March 2022 image of NASA’s Space Launch System rocket’s core stage forward assembly boasting a 40-meter (130-foot) liquid hydrogen tank. (Credits: NASA/Eric Bordelon)
NASA’s continued goal of sending humans into deep space using its Space Launch System (SLS) recently took a giant leap as the world’s largest space agency finalized the SLS Stages Production and Evolution Contract worth $3.2 billion with The Boeing Company in Huntsville, Alabama. The purpose of the contract is for Boeing to keep building SLS core and upper stages for future Artemis missions to the Moon and beyond for at least five more SLS launches.
This finalized contract follows initial funding and authorization provided by NASA in October 2019 for Artemis III-related manufacturing, to include cost-efficient bulk purchases, targeted long-lead materials, and core stage work. This new contract phase keeps Boeing working on SLS through July 2028.
“NASA’s Space Launch System rocket is the only rocket capable of sending large cargos and soon, astronauts to the Moon,” John Honeycutt, SLS Program manager, said in a statement. “The SLS core stage is the backbone of NASA’s Moon rocket, producing more than 2 million pounds of thrust at launch, and the addition of the exploration upper stage will enable NASA to support missions to deep space through the 2030s.”

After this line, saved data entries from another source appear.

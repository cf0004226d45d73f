-- ===== src/BraceletEdges/Visitor/Once.antt =====
-- Lemmas on `emitNodeInfo` of bracelet-edges.cpp and the nodes that were seen.
use bracelet.Prelude.{
  IsIn, subst, [], ◌⊎◌, ℕ, zero, suc, ◌+◌, ◌^◌, ◌<◌, ◌≡◌, refl, sym, ◌∙◌, true, false, none, some,
  List, ◌∷◌, Result, ok, err, out_of_fuel, ◌>>=◌, arith, if◌then◌else◌, Result-cases, Bool-cases,
  inl, inr,
}
use bracelet.Edges.Node.{Node, equal, symbol, of_symbol}
use bracelet.Edges.Node.Laws.{node, max_symbol, symbol_eq, of_symbol_eq}
use bracelet.BraceletEdges.Visitor.{
  Facts, PrintingOptions, EdgeOutputVisitor, holds_node, emit_own, emit_at_depth, emit_node_info,
}
use bracelet.BraceletEdges.Visitor.Seen.{same, emit_own-KeepsSeen}

module _ (facts : Facts) (options : PrintingOptions) where
  -- The set of nodes only grows.
  abbrev Grows : EdgeOutputVisitor → Result EdgeOutputVisitor → Type 0
  Grows v r =
      (v' : EdgeOutputVisitor)
      → r ≡ ok v'
      → (m : Node) → holds_node m v.seen_nodes ≡ true
      → holds_node m v'.seen_nodes ≡ true

  holds_node-cons :
      (m n : Node) (ns : List Node) → holds_node m ns ≡ true → holds_node m (n ∷ ns) ≡ true
  unfolding holds_node
  holds_node-cons m n ns h = ground arith

  holds_node-here : (n : Node) (ns : List Node) → holds_node n (n ∷ ns) ≡ true
  unfolding holds_node equal
  holds_node-here n ns = ground arith

  abbrev pub mark : Node → EdgeOutputVisitor → EdgeOutputVisitor
  mark n v = record v { seen_nodes = n ∷ v.seen_nodes }

  -- One step, with `emit_own` left as it is.
  emit_at_depth_zero :
      (n : Node) (v : EdgeOutputVisitor) → emit_at_depth facts options 0 n v ≡ err out_of_fuel
  unfolding emit_at_depth
  emit_at_depth_zero n v = refl

  emit_at_depth_eq :
      (fuel : ℕ) (n : Node) (v : EdgeOutputVisitor)
      → emit_at_depth facts options (suc fuel) n v ≡ elim (holds_node n v.seen_nodes) [
        | true ↦ ok v
        | false ↦ symbol n >>= λ s. of_symbol s >>= λ symbol_node.
            emit_at_depth facts options fuel symbol_node (mark n v) >>= emit_own facts options n
      ]
  unfolding emit_at_depth
  emit_at_depth_eq fuel n v = refl

  emit_at_depth-Grows :
      (fuel : ℕ) (n : Node) (v : EdgeOutputVisitor) → Grows v (emit_at_depth facts options fuel n v)
  emit_at_depth-Grows zero n v v' h m held = absurd (cc (sym (emit_at_depth_zero n v) ∙ h))
  emit_at_depth-Grows (suc fuel) n v v' h m held = elim (Bool-cases (holds_node n v.seen_nodes)) [
    | inl e ↦ rw (same v v' (rw (e) at (sym (emit_at_depth_eq fuel n v) ∙ h))) held
    | inr e ↦ elim (Result-cases (symbol n)) [
      | inr (why, k) ↦ absurd (cc (rw (e, k) at (sym (emit_at_depth_eq fuel n v) ∙ h)))
      | inl (s, k) ↦ elim (Result-cases (of_symbol s)) [
        | inr (why, l) ↦ absurd (cc (rw (e, k, l) at (sym (emit_at_depth_eq fuel n v) ∙ h)))
        | inl (symbol_node, l) ↦
            elim (Result-cases (emit_at_depth facts options fuel symbol_node (mark n v))) [
              | inr (why, p) ↦
                  absurd (cc (rw (e, k, l, p) at (sym (emit_at_depth_eq fuel n v) ∙ h)))
              | inl (w, p) ↦
                  rw
                    (emit_own-KeepsSeen facts options n w v'
                      (rw (e, k, l, p) at (sym (emit_at_depth_eq fuel n v) ∙ h)))
                    (emit_at_depth-Grows fuel symbol_node (mark n v) w p m
                      (holds_node-cons m n v.seen_nodes held))
            ]
      ]
    ]
  ]

  -- Once it is done, a node is held.
  emit_at_depth-holds :
      (fuel : ℕ) (n : Node) (v v' : EdgeOutputVisitor)
      → emit_at_depth facts options fuel n v ≡ ok v'
      → holds_node n v'.seen_nodes ≡ true
  emit_at_depth-holds zero n v v' h = absurd (cc (sym (emit_at_depth_zero n v) ∙ h))
  emit_at_depth-holds (suc fuel) n v v' h = elim (Bool-cases (holds_node n v.seen_nodes)) [
    | inl e ↦ rw (same v v' (rw (e) at (sym (emit_at_depth_eq fuel n v) ∙ h))) e
    | inr e ↦ elim (Result-cases (symbol n)) [
      | inr (why, k) ↦ absurd (cc (rw (e, k) at (sym (emit_at_depth_eq fuel n v) ∙ h)))
      | inl (s, k) ↦ elim (Result-cases (of_symbol s)) [
        | inr (why, l) ↦ absurd (cc (rw (e, k, l) at (sym (emit_at_depth_eq fuel n v) ∙ h)))
        | inl (symbol_node, l) ↦
            elim (Result-cases (emit_at_depth facts options fuel symbol_node (mark n v))) [
              | inr (why, p) ↦
                  absurd (cc (rw (e, k, l, p) at (sym (emit_at_depth_eq fuel n v) ∙ h)))
              | inl (w, p) ↦
                  rw
                    (emit_own-KeepsSeen facts options n w v'
                      (rw (e, k, l, p) at (sym (emit_at_depth_eq fuel n v) ∙ h)))
                    (emit_at_depth-Grows fuel symbol_node (mark n v) w p n
                      (holds_node-here n v.seen_nodes))
            ]
      ]
    ]
  ]

  -- The facts of a node that is not held, without those of its symbol.
  abbrev emit_once : Node → EdgeOutputVisitor → Result EdgeOutputVisitor
  emit_once n v =
      if holds_node n v.seen_nodes
      then ok v
      else emit_own facts options n (record v { seen_nodes = n ∷ v.seen_nodes })

  emit_symbol :
      (fuel s : ℕ) (v : EdgeOutputVisitor)
      → s < max_symbol
      → emit_at_depth facts options (suc (suc fuel)) (node s none) v ≡ emit_once (node s none) v
  emit_symbol fuel s v h = elim (Bool-cases (holds_node (node s none) v.seen_nodes)) [
    | inl e ↦ rw (emit_at_depth_eq (suc fuel) (node s none) v, e)
    | inr e ↦ rw (
      emit_at_depth_eq (suc fuel) (node s none) v,
      e,
      symbol_eq s none h (omega arith),
      of_symbol_eq s h,
      emit_at_depth_eq fuel (node s none) (mark (node s none) v),
      holds_node-here (node s none) v.seen_nodes,
    )
  ]

  info_eq :
      (n : Node) (v : EdgeOutputVisitor)
      → emit_node_info facts options n v ≡ emit_at_depth facts options 3 n v
  unfolding emit_node_info
  info_eq n v = refl

  emit_local :
      (s i : ℕ) (v : EdgeOutputVisitor)
      → s < max_symbol
      → i + 1 < 2 ^ 16
      → holds_node (node s (some i)) v.seen_nodes ≡ false
      → emit_node_info facts options (node s (some i)) v ≡ (
          emit_once (node s none) (mark (node s (some i)) v)
          >>= emit_own facts options (node s (some i)))
  emit_local s i v h k e = rw (
    info_eq _ v,
    emit_at_depth_eq 2 (node s (some i)) v,
    e,
    symbol_eq s (some i) h k,
    of_symbol_eq s h,
    emit_symbol 0 s (mark (node s (some i)) v) h,
  )

  -- The test of the code finds the nodes that are in the set.
  holds_node→IsIn : (n : Node) (ns : List Node) → holds_node n ns ≡ true → IsIn n ns
  unfolding holds_node equal
  holds_node→IsIn n [] h = absurd (cc h)
  holds_node→IsIn n (m ∷ ns) h = elim (Bool-cases (equal n m)) [
    | inl same ↦ let e : n.raw ≡ m.raw = ground arith in inl (cc e)
    | inr other ↦ inr (holds_node→IsIn n ns (rw (other, equal) at h))
  ]

  holds_node-IsIn : (n : Node) (ns : List Node) → holds_node n ns ≡ false → ¬ IsIn n ns
  holds_node-IsIn n [] h i = i
  holds_node-IsIn n (m ∷ ns) h i = elim i [
    | inl same ↦
        absurd (cc (subst (λ z. holds_node n (z ∷ ns) ≡ true) same (holds_node-here n ns), h))
    | inr later ↦ elim (Bool-cases (holds_node n ns)) [
      | inl held ↦ absurd (cc (holds_node-cons n m ns held, h))
      | inr fresh ↦ holds_node-IsIn n ns fresh later
    ]
  ]

  -- A node that is in the set is left; the facts of one that is not are emitted, and it is then in it.
  abbrev pub IsEmitted : Node → EdgeOutputVisitor → Result EdgeOutputVisitor → Type 0
  IsEmitted n v r =
      (IsIn n v.seen_nodes × (r ≡ ok v))
      ⊎ ((¬ IsIn n v.seen_nodes) × (r ≡ emit_own facts options n (mark n v)))

  emit_once-IsEmitted : (n : Node) (v : EdgeOutputVisitor) → IsEmitted n v (emit_once n v)
  emit_once-IsEmitted n v = elim (Bool-cases (holds_node n v.seen_nodes)) [
    | inl e ↦ inl (holds_node→IsIn n v.seen_nodes e, rw e)
    | inr e ↦ inr (holds_node-IsIn n v.seen_nodes e, rw e)
  ]

  -- The nodes that are seen are a list, and a node is in it if it equals one of them. For every symbol
  -- and local in range: if the symbol was seen, asking for its facts does nothing, and else emits them
  -- and nothing else. If the local was seen, asking for its facts does nothing; else it asks for those
  -- of its symbol, as before, and then emits those of the local. Once a node's facts are emitted, asking
  -- for them again changes nothing. So the recursion comes to its end.
  pub emit_node_info-once :
      (s i : ℕ) (v : EdgeOutputVisitor)
      → s < max_symbol
      → i + 1 < 2 ^ 16
      → IsEmitted (node s none) v (emit_node_info facts options (node s none) v)
        × ((IsIn (node s (some i)) v.seen_nodes
              × (emit_node_info facts options (node s (some i)) v ≡ ok v))
            ⊎ ((¬ IsIn (node s (some i)) v.seen_nodes)
                × ((r : Result EdgeOutputVisitor) × IsEmitted
                      (node s none)
                      (mark (node s (some i)) v)
                      r
                    × (emit_node_info facts options (node s (some i)) v
                        ≡ (r >>= emit_own facts options (node s (some i)))))))
        × ((n : Node) (v' : EdgeOutputVisitor)
            → emit_node_info facts options n v ≡ ok v'
            → emit_node_info facts options n v' ≡ ok v')
  emit_node_info-once s i v h k = (
    rw (info_eq (node s none) v ∙ emit_symbol 1 s v h) (emit_once-IsEmitted (node s none) v),
    elim (Bool-cases (holds_node (node s (some i)) v.seen_nodes)) [
      | inl e ↦ inl (
        holds_node→IsIn _ v.seen_nodes e,
        rw (info_eq (node s (some i)) v, emit_at_depth_eq 2 (node s (some i)) v, e),
      )
      | inr e ↦ inr (
        holds_node-IsIn _ v.seen_nodes e,
        (
          emit_once (node s none) (mark (node s (some i)) v),
          emit_once-IsEmitted (node s none) (mark (node s (some i)) v),
          emit_local s i v h k e,
        ),
      )
    ],
    λ n v' done. rw (
      info_eq n v',
      emit_at_depth_eq 2 n v',
      emit_at_depth-holds 3 n v v' (sym (info_eq n v) ∙ done),
    ),
  )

With the recent success of the uncrewed Artemis I mission to the Moon, this finalized contract demonstrates the confidence NASA now has in the SLS rocket to bring humans back to the Moon for the first time since 1972.
Artemis II, the first crewed mission of the Artemis Program, is currently scheduled for launch from the Kennedy Space Center sometime in 2023. The purpose of this mission will be to conduct a complete shakedown of the Orion spacecraft on a four-day trip as it will travel 7400 kilometers (4600 miles) beyond lunar orbit. This will allow the crew to view both the Earth and the Moon from Orion’s many windows, while marking the farthest humans have traveled from the Earth. This mission will be followed by Artemis III, which will land the first woman and person of color on the Moon’s surface.
For Artemis I through III, SLS utilizes an interim cryogenic propulsion stage with only one RL10 engine to propel NASA’s Orion spacecraft to the Moon. But starting with Artemis IV, NASA will be utilizing the SLS Block 1B configuration, which will use the more powerful exploration upper stage (EUS), larger fuel tanks, and four RL10 engines to send both crewed missions and bigger cargos to the lunar surface.
For now, the Artemis II core stage is scheduled for both completion and shipment to the Kennedy Space Center in 2023, with the Artemis III engine section recently shipped to Kennedy onboard NASA’s Pegasus barge, as well.
As stated, no human has visited the Moon since 1972, which happened on Apollo 17. This finalized contract between NASA and Boeing continues to write the history books and open a new chapter for deep space exploration to the Moon and beyond.
How successful will the Artemis missions be to the Moon, and eventually Mars? Only time will tell, and this is why we science!